__RECORDS PROVIDED__
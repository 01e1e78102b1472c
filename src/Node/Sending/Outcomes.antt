-- ===== src/Node/Sending/Outcomes.antt =====
-- When sending to many peers is a success.
use b7s.Common.{
  Bool, true, List, [], ◌∷◌, some, length, select, ◌≡◌, ◌↔◌, refl, arith, All, Bool-cases, inl, inr,
}
use b7s.Common.Text.{Text}
use b7s.Common.Outcome.{ok}
use b7s.Models.{PeerId}
use b7s.Node.Sending.{send_to_many, unreached}

abbrev pub Reaches : (PeerId → Text → Bool) → Text → List PeerId → Type 0
Reaches delivers payload peers = All (λ p. delivers p payload ≡ true) peers

module _ (delivers : PeerId → Text → Bool) (payload : Text) where
  unreached_none :
      (peers : List PeerId)
      → (length (unreached delivers payload peers) ≡ 0) ↔ Reaches delivers payload peers
  unfolding select
  unreached_none [] = (λ h. tt, λ h. refl)
  unreached_none (p ∷ peers) = elim (Bool-cases (delivers p payload)) [
    | inl y ↦ rw y (λ h. (refl, (unreached_none peers).0 h), λ h. (unreached_none peers).1 h.1)
    | inr n ↦ rw n (λ h. ground arith, λ h. ground (arith, h.0))
  ]

  -- Sending to all is a success just when each peer is reached.
  pub send_to_many_all :
      (peers : List PeerId)
      → (send_to_many delivers peers (some payload) true ≡ ok tt) ↔ Reaches delivers payload peers
  unfolding send_to_many
  send_to_many_all peers = ground (arith, (unreached_none peers))
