-- ===== src/Node/Cluster/Formed.antt =====
-- When a cluster is formed.
use b7s.Common.{
  suc, ◌≤◌, Bool, true, false, List, [], ◌∷◌, Option, none, some, length, ◌==◌, ◌≡◌, ◌≢◌, ◌↔◌, refl,
  sym, ap, arith, All, In, NoRepeats, Bool-cases, Option-cases, inl, inr, eq_of_beq,
}
use b7s.Common.Text.{Text, text_eq}
use b7s.Common.Map.{Map, insert, lookup, lookup-insert}
use b7s.Common.Outcome.{ok, Outcome-cases}
use b7s.Models.{PeerId}
use b7s.Models.Code.{Code}
use b7s.Models.Code
use b7s.Node.Sending.{send_to_many}
use b7s.Node.Sending.Outcomes.{Reaches, send_to_many_all}
use b7s.Node.Cluster.{is_ok, bootstrapped, form_cluster}

length-insert :
    {V : Type 0} (k : Text) (v : V) (m : Map Text V)
    → (lookup k m ≡ none → length (insert k v m) ≡ suc (length m))
      × ((w : V) → lookup k m ≡ some w → length (insert k v m) ≡ length m)
unfolding insert lookup
length-insert k v [] = (λ h. refl, λ w h. ground arith)
length-insert k v ((j, u) ∷ m) = elim (Bool-cases (j == k)) [
  | inl y ↦ rw y (λ h. ground arith, λ w h. refl)
  | inr n ↦ rw n (
    λ h. ground (arith, (length-insert k v m).0),
    λ w h. ground (arith, (length-insert k v m).1 w),
  )
]

module _ (peer_text : PeerId → Text) (replies : PeerId → Option Code)
    (injective : (a b : PeerId) → peer_text a ≡ peer_text b → a ≡ b) where
  lookup-bootstrapped :
      (p : PeerId) (ps : List PeerId)
      → is_ok (replies p) ≡ true
      → (lookup (peer_text p) (bootstrapped peer_text replies ps) ≡ none) ↔ (In p ps → ⊥)
  unfolding bootstrapped lookup
  lookup-bootstrapped p [] y = (λ h i. i, λ h. refl)
  lookup-bootstrapped p (q ∷ ps) y = elim (Bool-cases (is_ok (replies q))) [
    | inl o ↦
        rw (o, lookup-insert)
          (elim (Bool-cases (peer_text q == peer_text p)) [
            | inl e ↦ rw e (
              λ h. ground arith,
              λ n. absurd (n (inl (sym (injective q p (eq_of_beq (peer_text q) (peer_text p) e))))),
            )
            | inr e ↦ rw e (
              λ h i. elim i [
                | inl a ↦ absurd (differs (peer_text q) (peer_text p) e (ap peer_text (sym a)))
                | inr i ↦ (lookup-bootstrapped p ps y).0 h i
              ],
              λ n. (lookup-bootstrapped p ps y).1 (λ i. n (inr i)),
            )
          ])
    | inr n ↦ rw n (
      λ h i. elim i [
        | inl a ↦ absurd (clash p q y n a)
        | inr i ↦ (lookup-bootstrapped p ps y).0 h i
      ],
      λ u. (lookup-bootstrapped p ps y).1 (λ i. u (inr i)),
    )
  ]
    where
      differs : (a b : Text) → (a == b) ≡ false → a ≢ b
      differs a b n e = ground (arith, text_eq.beq_iff a b)

      clash : (a b : PeerId) → is_ok (replies a) ≡ true → is_ok (replies b) ≡ false → a ≢ b
      clash a b u v e = cc

  bootstrapped_at_most : (ps : List PeerId) → length (bootstrapped peer_text replies ps) ≤ length ps
  unfolding bootstrapped
  bootstrapped_at_most [] = omega arith
  bootstrapped_at_most (p ∷ ps) = elim (Bool-cases (is_ok (replies p))) [
    | inl o ↦ elim (Option-cases (lookup (peer_text p) (bootstrapped peer_text replies ps))) [
      | inl n ↦
          rw (o, (length-insert (peer_text p) tt (bootstrapped peer_text replies ps)).0 n)
            (omega (arith, bootstrapped_at_most ps))
      | inr (w, e) ↦
          rw (o, (length-insert (peer_text p) tt (bootstrapped peer_text replies ps)).1 w e)
            (omega (arith, bootstrapped_at_most ps))
    ]
    | inr n ↦ rw n (omega (arith, bootstrapped_at_most ps))
  ]

  -- All have joined when the set is as large as the list.
  bootstrapped-All :
      (ps : List PeerId)
      → (length (bootstrapped peer_text replies ps) ≡ length ps)
        ↔ (All (λ p. is_ok (replies p) ≡ true) ps × NoRepeats ps)
  unfolding bootstrapped
  bootstrapped-All [] = (λ h. (tt, tt), λ h. refl)
  bootstrapped-All (p ∷ ps) = elim (Bool-cases (is_ok (replies p))) [
    | inl o ↦ elim (Option-cases (lookup (peer_text p) (bootstrapped peer_text replies ps))) [
      | inl n ↦
          rw (o, (length-insert (peer_text p) tt (bootstrapped peer_text replies ps)).0 n)
            (
              λ h.
                  let (a, r) = (bootstrapped-All ps).0 (ground arith) in
                  ((refl, a), ((lookup-bootstrapped p ps o).0 n, r)),
              λ ((e, a), (i, r)). ap suc ((bootstrapped-All ps).1 (a, r)),
            )
      | inr (w, e) ↦
          rw (o, (length-insert (peer_text p) tt (bootstrapped peer_text replies ps)).1 w e)
            (
              λ h. ground (arith, bootstrapped_at_most ps),
              λ ((u, a), (i, r)). ground (arith, (lookup-bootstrapped p ps o).1 i),
            )
    ]
    | inr n ↦ rw n (λ h. ground (arith, bootstrapped_at_most ps), λ ((u, a), b). ground arith)
  ]

is_ok_iff : (r : Option Code) → (is_ok r ≡ true) ↔ (r ≡ some Code.ok)
is_ok_iff none = (λ h. ground arith, λ h. ground arith)
is_ok_iff (some c) = ground (arith, text_eq.beq_iff c Code.ok)

All-is_ok :
    (replies : PeerId → Option Code) (ps : List PeerId)
    → All (λ p. is_ok (replies p) ≡ true) ps ↔ All (λ p. replies p ≡ some Code.ok) ps
All-is_ok replies [] = (λ h. h, λ h. h)
All-is_ok replies (p ∷ ps) = (
  λ h. ((is_ok_iff (replies p)).0 h.0, (All-is_ok replies ps).0 h.1),
  λ h. ((is_ok_iff (replies p)).1 h.0, (All-is_ok replies ps).1 h.1),
)

module _ (delivers : PeerId → Text → Bool) (peer_text : PeerId → Text)
    (replies : PeerId → Option Code) where
  -- If different peers have different texts: a cluster is formed just when no peer stands twice among
  -- the replicas, the request reached each of them, and each confirmed it with the code OK
  -- in time.
  pub form_cluster-ok :
      (payload : Text) (replicas : List PeerId)
      → ((a b : PeerId) → peer_text a ≡ peer_text b → a ≡ b)
      → (form_cluster delivers peer_text replies (some payload) replicas ≡ ok tt) ↔ (
          Reaches delivers payload replicas
          × All (λ p. replies p ≡ some Code.ok) replicas
          × NoRepeats replicas)
  unfolding form_cluster
  form_cluster-ok payload replicas injective =
      elim (Outcome-cases (send_to_many delivers replicas (some payload) true)) [
        | inr (e, q) ↦
            rw (form_cluster, q)
              (
                λ h. ground arith,
                λ (r, a, n). ground (arith, (send_to_many_all delivers payload replicas).1 r),
              )
        | inl (done, q) ↦
            rw (form_cluster, q)
              (
                λ h.
                    let (a, n) =
                      (bootstrapped-All peer_text replies injective replicas).0 (ground arith) in
                    (
                      (send_to_many_all delivers payload replicas).0 q,
                      (All-is_ok replies replicas).0 a,
                      n,
                    ),
                λ (r, a, n). ground (
                  arith,
                  (bootstrapped-All peer_text replies injective replicas).1
                      ((All-is_ok replies replicas).1 a, n),
                ),
              )
      ]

__TRY IT__
Work through the entries above line by line, counting each one that includes the word "Models", and give the final number only.

__ANSWER SECTION__
4